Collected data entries
# # # # #
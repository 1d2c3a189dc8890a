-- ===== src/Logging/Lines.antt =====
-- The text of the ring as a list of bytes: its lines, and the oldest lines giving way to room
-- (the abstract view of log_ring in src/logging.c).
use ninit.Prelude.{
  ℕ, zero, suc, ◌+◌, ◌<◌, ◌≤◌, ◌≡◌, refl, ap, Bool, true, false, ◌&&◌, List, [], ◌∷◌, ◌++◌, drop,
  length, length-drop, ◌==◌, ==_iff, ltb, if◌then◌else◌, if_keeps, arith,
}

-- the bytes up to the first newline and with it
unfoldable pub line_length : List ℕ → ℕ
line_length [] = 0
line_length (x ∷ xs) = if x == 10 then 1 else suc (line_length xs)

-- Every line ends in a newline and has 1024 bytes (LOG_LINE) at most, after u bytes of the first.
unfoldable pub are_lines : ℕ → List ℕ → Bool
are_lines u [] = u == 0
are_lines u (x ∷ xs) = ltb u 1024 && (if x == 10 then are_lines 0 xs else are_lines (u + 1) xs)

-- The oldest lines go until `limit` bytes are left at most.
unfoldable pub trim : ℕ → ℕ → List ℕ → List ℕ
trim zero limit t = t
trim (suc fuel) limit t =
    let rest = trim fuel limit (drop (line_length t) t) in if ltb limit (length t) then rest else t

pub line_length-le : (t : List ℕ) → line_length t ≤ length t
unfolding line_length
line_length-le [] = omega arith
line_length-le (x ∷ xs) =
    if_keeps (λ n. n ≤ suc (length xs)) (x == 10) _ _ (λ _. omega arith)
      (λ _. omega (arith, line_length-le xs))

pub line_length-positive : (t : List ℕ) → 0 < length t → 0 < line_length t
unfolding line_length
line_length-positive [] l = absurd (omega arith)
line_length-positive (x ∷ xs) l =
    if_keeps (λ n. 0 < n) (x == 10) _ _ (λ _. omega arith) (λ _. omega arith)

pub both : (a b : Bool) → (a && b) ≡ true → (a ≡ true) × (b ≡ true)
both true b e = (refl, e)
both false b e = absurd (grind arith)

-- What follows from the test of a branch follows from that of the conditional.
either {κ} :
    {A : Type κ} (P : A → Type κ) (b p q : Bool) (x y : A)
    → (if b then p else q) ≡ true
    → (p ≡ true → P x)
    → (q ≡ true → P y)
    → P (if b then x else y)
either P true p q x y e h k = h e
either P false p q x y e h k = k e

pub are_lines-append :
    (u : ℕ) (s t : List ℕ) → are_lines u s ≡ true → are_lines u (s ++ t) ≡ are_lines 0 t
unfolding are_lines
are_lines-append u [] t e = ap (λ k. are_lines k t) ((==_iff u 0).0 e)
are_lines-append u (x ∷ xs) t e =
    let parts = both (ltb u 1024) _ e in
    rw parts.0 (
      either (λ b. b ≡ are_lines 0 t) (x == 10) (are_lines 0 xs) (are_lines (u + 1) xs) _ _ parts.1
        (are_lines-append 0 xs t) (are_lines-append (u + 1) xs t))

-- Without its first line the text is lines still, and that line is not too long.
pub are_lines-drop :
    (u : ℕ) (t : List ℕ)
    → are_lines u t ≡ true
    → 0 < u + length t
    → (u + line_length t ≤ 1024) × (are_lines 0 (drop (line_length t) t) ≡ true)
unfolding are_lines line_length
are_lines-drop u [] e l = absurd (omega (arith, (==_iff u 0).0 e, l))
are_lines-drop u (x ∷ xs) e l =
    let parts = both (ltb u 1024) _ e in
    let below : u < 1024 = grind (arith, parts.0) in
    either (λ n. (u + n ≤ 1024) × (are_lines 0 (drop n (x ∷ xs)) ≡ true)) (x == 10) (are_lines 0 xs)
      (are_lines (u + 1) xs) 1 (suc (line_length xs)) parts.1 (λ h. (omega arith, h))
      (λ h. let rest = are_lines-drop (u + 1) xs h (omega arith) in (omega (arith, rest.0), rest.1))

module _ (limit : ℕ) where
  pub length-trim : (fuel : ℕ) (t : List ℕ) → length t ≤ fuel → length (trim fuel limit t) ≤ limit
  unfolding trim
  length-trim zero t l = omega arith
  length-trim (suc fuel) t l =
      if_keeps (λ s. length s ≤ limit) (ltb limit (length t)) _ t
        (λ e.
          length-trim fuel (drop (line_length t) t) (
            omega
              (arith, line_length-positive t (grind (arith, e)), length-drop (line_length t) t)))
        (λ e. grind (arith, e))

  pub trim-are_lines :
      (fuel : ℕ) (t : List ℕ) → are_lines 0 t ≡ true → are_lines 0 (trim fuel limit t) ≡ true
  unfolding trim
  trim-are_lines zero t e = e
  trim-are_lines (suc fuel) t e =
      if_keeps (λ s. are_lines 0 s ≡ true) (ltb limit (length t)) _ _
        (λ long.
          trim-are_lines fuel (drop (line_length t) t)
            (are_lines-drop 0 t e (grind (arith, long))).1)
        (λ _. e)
# # # # #
**What you need to do:** Could you find every line in the records above that has the string "bytes" and copy it?

**Completed exercise:**
-- The text of the ring as a list of bytes: its lines, and the oldest lines giving way to room
-- the bytes up to the first newline and with it
-- Every line ends in a newline and has 1024 bytes (LOG_LINE) at most, after u bytes of the first.
-- The oldest lines go until `limit` bytes are left at most.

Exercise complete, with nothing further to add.